Asturias es un paraíso natural, donde los Picos de Europa y el mar Cantábrico bailan armónicamente al son de las gaitas. En ese rincón del norte, donde comenzó la reconquista de España, apenas hay espacio para las prisas. No es extraño que seamos muchos los que, procedentes de todo el planeta, elegimos cualquiera de sus concejos para oxigenar nuestras neuronas.
Esa Comunidad, con pocos habitantes menos que la nuestra, ocupa más del doble de superficie y es sensiblemente más abrupta, por lo que sus encantos se difuminan por doquier así que alcanzarlos resulta una misión tan compleja como navegar con mar arbolada. Por ese motivo, el artículo 174 del Tratado de Funcionamiento de la Unión Europea reconoce la singularidad de las zonas montañosas, las islas y las zonas poco pobladas. Estas son algunas de las desventajas que nos unen a muchos pueblos al reivindicar un trato diferencial en relación con otros territorios, pero no son las únicas que deberíamos recordar cuando reclamamos una mejor dotación pública.

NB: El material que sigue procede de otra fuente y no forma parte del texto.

-- ===== src/Server/Locality/Vouching.antt =====
-- What it takes to be local (faceauth-daemon/src/server/locality.rs).
use omarchy_faceauth.Prelude.{
  ℕ, zero, suc, ◌≤◌, ◌≡◌, ◌≢◌, ◌⊎◌, inl, inr, refl, true, false, Option, none, some, List, [], ◌∷◌,
  ◌++◌, Text, codes, text_eq_iff, ◌==◌, arith, Option-cases, Bool-cases, starts_with, ◌&&◌,
}
use omarchy_faceauth.Prelude.Splits.{split, words, lines, last_piece, trim}
use omarchy_faceauth.Server.ProcView.{
  Reply, ok, err, ◌>>=◌, or_err, Session, ProcView, AgentPeer, is_ssh_comm, polkit_helper_instance,
  helper_peer, session_id_from_cgroup, cgroup_path,
}
use omarchy_faceauth.Server.Locality.Helpers.{
  IsHelperOf, polkit_helper_instance-unit, helper_peer-IsInstanceOf,
}
use omarchy_faceauth.Server.Locality.{
  Why, Locality, local, remote, is_pinned, through_agent, reached, climb, is_seated, in_session,
  any_seated, manager_prefix, follow_agent, in_system_slice, place,
}

-- The parents of a process lead to init, and none of them is OpenSSH's.
pub data CleanChain (v : ProcView) : ℕ → Type 0 where
  top : {p q : ℕ} → v.ppid p ≡ some q → q ≤ 1 → CleanChain v p
  up :
      {p q : ℕ}
      → v.ppid p ≡ some q
      → is_ssh_comm (v.comm q) ≡ false
      → CleanChain v q
      → CleanChain v p

climb_step :
    (v : ProcView) (f p q : ℕ)
    → v.ppid p ≡ some q
    → climb v (suc f) p ≡ reached
    → (q ≤ 1) ⊎ ((is_ssh_comm (v.comm q) ≡ false) × (climb v f q ≡ reached))
unfolding climb
climb_step v f p q e h = ground arith

climb_unread : (v : ProcView) (f p : ℕ) → v.ppid p ≡ none → climb v (suc f) p ≢ reached
unfolding climb
climb_unread v f p e h = ground arith

pub climb-CleanChain : (v : ProcView) (f p : ℕ) → climb v f p ≡ reached → CleanChain v p
unfolding climb
climb-CleanChain v zero p h = cc
climb-CleanChain v (suc f) p h = elim (Option-cases (v.ppid p)) [
  | inl e ↦ absurd (climb_unread v f p e h)
  | inr (q, e) ↦ elim (climb_step v f p q e h) [
    | inl last ↦ top e last
    | inr (clean, above) ↦ up e clean (climb-CleanChain v f q above)
  ]
]

abbrev pub Listed : Text → List Text → Type 0
Listed id [] = ⊥
Listed id (x ∷ xs) = (x ≡ id) ⊎ Listed id xs

-- A session of the target user that the process is in: the scope its cgroup names, or, in the
-- user's own manager, one of the user's sessions.
abbrev pub Belongs : ProcView → ℕ → ℕ → Text → Session → Type 0
Belongs v p target id s =
    (cgroup : Text) × (v.cgroup p ≡ some cgroup)
    × (((session_id_from_cgroup cgroup ≡ some id) × (s.uid ≡ some target))
        ⊎ ((path : Text) × (cgroup_path (lines cgroup) ≡ some path)
            × (starts_with (manager_prefix target) path ≡ true)
            × ((ids : Text) × (v.user_sessions target ≡ ok ids) × Listed id (words ids))))

-- The process is one of `user`'s at the machine.
pub record Vouched (v : ProcView) (user : Text) (p : ℕ) : Type 0 where
  pub chain : CleanChain v p
  pub target : ℕ
  pub is_target : v.user_uid user ≡ some target
  pub id : Text
  pub session : Session
  pub known : v.session id ≡ ok session
  pub here : session.remote ≡ false
  pub seated : session.seat ≢ []
  pub of_user : session.class ≡ codes "user"
  pub belongs : Belongs v p target id session

pub seated_parts :
    (s : Session)
    → is_seated s ≡ true
    → (s.remote ≡ false) × (s.seat ≢ []) × (s.class ≡ codes "user")
seated_parts s h =
    (ground arith, λ e. ground arith, ground (arith, text_eq_iff s.class (codes "user")))

pub or_err-ok :
    {A B : Type 0} (o : Option A) (e : Text) (f : A → Reply B) (b : B)
    → (or_err o e >>= f) ≡ ok b
    → (a : A) × (o ≡ some a) × (f a ≡ ok b)
or_err-ok none e f b h = cc
or_err-ok (some a) e f b h = (a, refl, h)

>>=-ok :
    {A B : Type 0} (r : Reply A) (f : A → Reply B) (b : B)
    → (r >>= f) ≡ ok b
    → (a : A) × (r ≡ ok a) × (f a ≡ ok b)
>>=-ok (ok a) f b h = (a, refl, h)
>>=-ok (err e) f b h = cc

Reply-cases : {A : Type 0} (r : Reply A) → ((a : A) × (r ≡ ok a)) ⊎ ((e : Text) × (r ≡ err e))
Reply-cases (ok a) = inl (a, refl)
Reply-cases (err e) = inr (e, refl)

in_session-local :
    (v : ProcView) (target : ℕ) (id : Text) (a : Option AgentPeer)
    → in_session v target id ≡ ok (local a)
    → (a ≡ none)
      × (s : Session) × (v.session id ≡ ok s)
      × (s.uid ≡ some target)
      × (is_seated s ≡ true)
unfolding in_session
in_session-local v target id a h = elim (Reply-cases (v.session id)) [
  | inr (e, r) ↦ ground arith
  | inl (s, r) ↦ (ground arith, s, r, ground arith, ground arith)
]

any_seated-local :
    (v : ProcView) (ids : List Text) (a : Option AgentPeer)
    → any_seated v ids ≡ ok (local a)
    → (a ≡ none)
      × (id : Text) × (s : Session) × Listed id ids
      × (v.session id ≡ ok s)
      × (is_seated s ≡ true)
unfolding any_seated
any_seated-local v [] a h = cc
any_seated-local v (id ∷ ids) a h = elim (Reply-cases (v.session id)) [
  | inl (s, r) ↦ elim (Bool-cases (is_seated s)) [
    | inl seated ↦ (ground arith, id, s, inl refl, r, seated)
    | inr other ↦
        let (free, i, t, l, k, seated) = any_seated-local v ids a (ground arith) in
        (free, i, t, inr l, k, seated)
  ]
  | inr (e, r) ↦
      let (free, i, t, l, k, seated) = any_seated-local v ids a (ground arith) in
      (free, i, t, inr l, k, seated)
]

-- A local answer of steps 3 and 4 comes with a session that vouches.
abbrev pub Seats : ProcView → ℕ → ℕ → Option AgentPeer → Type 0
Seats v p target a =
    (a ≡ none)
    × (id : Text) × (s : Session) × (v.session id ≡ ok s)
    × (is_seated s ≡ true)
    × Belongs v p target id s

-- A local answer of step 2 is the answer for the agent that polkit's helper was connected by.
abbrev pub Follows : ProcView → Option (ℕ → Reply Locality) → Text → Option AgentPeer → Type 0
Follows v follow path a =
    (go : ℕ → Reply Locality) × (agent : AgentPeer) × (b : Option AgentPeer) × (follow ≡ some go)
    × (a ≡ some agent)
    × (v.pidfd_id agent.pid ≡ some agent.id)
    × IsHelperOf agent path
    × (go agent.pid ≡ ok (local b))

Locality-cases :
    (l : Locality) → ((b : Option AgentPeer) × (l ≡ local b)) ⊎ ((why : Why) × (l ≡ remote why))
Locality-cases (local b) = inl (b, refl)
Locality-cases (remote why) = inr (why, refl)

pinned_id : (id : ℕ) (o : Option ℕ) → is_pinned id o ≡ true → o ≡ some id
pinned_id id none h = cc
pinned_id id (some i) h = ground arith

agent_answer :
    (v : ProcView) (go : ℕ → Reply Locality) (path : Text) (agent id : ℕ) (a : Option AgentPeer)
    → IsHelperOf (record { pid = agent; id = id }) path
    → v.pidfd_id agent ≡ some id
    → (go agent >>= λ l. ok (through_agent agent id l)) ≡ ok (local a)
    → Follows v (some go) path a
agent_answer v go path agent id a helper e h =
    let (l, g, k) = >>=-ok (go agent) (λ l. ok (through_agent agent id l)) (local a) h in
    elim (Locality-cases l) [
      | inl (b, w) ↦
          (go, record { pid = agent; id = id }, b, refl, ground arith, e, helper, ground arith)
      | inr (why, w) ↦ ground arith
    ]

follow_agent-Follows :
    (v : ProcView) (follow : Option (ℕ → Reply Locality)) (path name : Text)
    (peer : Option (ℕ × Option ℕ)) (a : Option AgentPeer)
    → codes "polkit-agent-helper@" ++ (name ++ codes ".service")
      ≡ last_piece (split b'/' (trim path))
    → helper_peer name ≡ peer
    → follow_agent v follow name peer ≡ ok (local a)
    → Follows v follow path a
unfolding follow_agent
follow_agent-Follows v none path name peer a u n h = cc
follow_agent-Follows v (some go) path name none a u n h = cc
follow_agent-Follows v (some go) path name (some (agent, none)) a u n h = cc
follow_agent-Follows v (some go) path name (some (agent, some id)) a u n h =
    let helper : IsHelperOf (record { pid = agent; id = id }) path =
      (name, u, helper_peer-IsInstanceOf (record { pid = agent; id = id }) name n) in
    elim (Bool-cases (is_pinned id (v.pidfd_id agent))) [
      | inl pinned ↦
          agent_answer v go path agent id a helper (pinned_id id _ pinned) (rw pinned at h)
      | inr other ↦ absurd (let k = rw other at h in cc)
    ]

in_system_slice-Follows :
    (v : ProcView) (follow : Option (ℕ → Reply Locality)) (path : Text) (a : Option AgentPeer)
    → in_system_slice v follow path ≡ ok (local a)
    → Follows v follow path a
unfolding in_system_slice
in_system_slice-Follows v follow path a h =
    let unit = last_piece (split b'/' (trim path)) in
    elim (Option-cases (polkit_helper_instance unit)) [
      | inl e ↦ ground arith
      | inr (name, e) ↦
          follow_agent-Follows v follow path name (helper_peer name) a
            (polkit_helper_instance-unit unit name e) refl (ground arith)
    ]

pub place-local :
    (v : ProcView) (follow : Option (ℕ → Reply Locality)) (p real_uid : ℕ) (cgroup path : Text)
    (target : ℕ) (a : Option AgentPeer)
    → v.cgroup p ≡ some cgroup
    → cgroup_path (lines cgroup) ≡ some path
    → place v follow real_uid cgroup path target ≡ ok (local a)
    → ((real_uid ≡ 0)
        × (starts_with (codes "/system.slice/") path ≡ true)
        × Follows v follow path a)
      ⊎ Seats v p target a
unfolding place
place-local v follow p real_uid cgroup path target a cg cp h =
    elim (Bool-cases (real_uid == 0 && starts_with (codes "/system.slice/") path)) [
      | inl root ↦
          inl (ground arith, ground arith, in_system_slice-Follows v follow path a (rw root at h))
      | inr user ↦ elim (Option-cases (session_id_from_cgroup cgroup)) [
        | inr (id, e) ↦
            let (free, s, k, mine, seated) = in_session-local v target id a (ground arith) in
            inr (free, id, s, k, seated, (cgroup, cg, inl (e, mine)))
        | inl e ↦ elim (Bool-cases (starts_with (manager_prefix target) path)) [
          | inr outside ↦ ground arith
          | inl inside ↦
              let (ids, u, k) =
                >>=-ok (v.user_sessions target) (λ ids. any_seated v (words ids)) (local a)
                  (ground arith) in
              let (free, id, s, l, known, seated) = any_seated-local v (words ids) a k in
              inr (free, id, s, known, seated, (cgroup, cg, inr (path, cp, inside, (ids, u, l))))
        ]
      ]
    ]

Con un PIB de casi 4.000€ más per cápita, la deuda autonómica balear también duplica la asturiana, a pesar de que su salario medio muy similar y su tasa de paro está 7 puntos por debajo. Una situación competitiva, comprometida para el Principado, por la difícil viabilidad de la minería del carbón, la industria siderometalúrgica o la construcción naval; lo que ha inducido al desarrollo del sector terciario, ya tan preponderante como en nuestras islas. No se puede decir que los asturianos no se esfuerzan tanto o más que cualquier otro paisano de la vieja piel de toro, aunque muchas de las compañías afincadas allí tengan su domicilio social registrado en Madrid o Barcelona. Por esa circunstancia, apenas merecen nuestro respeto cuando tenemos a bien comparar balanzas fiscales para justificar reivindicaciones egocéntricas.
En un lugar donde descubres gente notable, que derrocha más sidra que palabras y todavía protege la naturaleza de todos como si fuera solo suya, es imposible olvidarse de sus encantos y de su magia. Tampoco debemos perder de vista que en territorios como el astur puedes circular sesenta kilómetros sin encontrar donde repostar, que la climatología les es adversa la mitad del año, que hay pueblos donde llega el médico una vez al mes o el pan cada dos días y que tiene la tasa de mortalidad más alta del Estado. De ese modo dejaremos de sentirnos el ombligo del mundo y los únicos merecedores de una atención diferenciada, porque resulta lamentable que estemos haciendo añicos el espíritu que promovió la Carta Magna y olvidando el más elemental respeto al Estado de Derecho y la cohesión interna.
En breve, el frágil Gobierno central deberá afrontar el reto de implementar la financiación regional, sin recurrir a la asimetría, para que todos los ciudadanos podamos tener acceso a semejante nivel de bienestar, sin tener en cuenta dónde se viva. Entonces, pero también cada día, conviene salir de casa y abrir bien los ojos para conocer y comparar, porque la demagogia tiene en el egoísmo y la ignorancia su más fructífero caldo de cultivo.
Deberíamos tener claro que Asturias, Castellón, Salamanca, Teruel o Navarra están llenas de cosas que admirar y no hay más ciego que el secesionista que no quiere ver, más allá de sus miserias.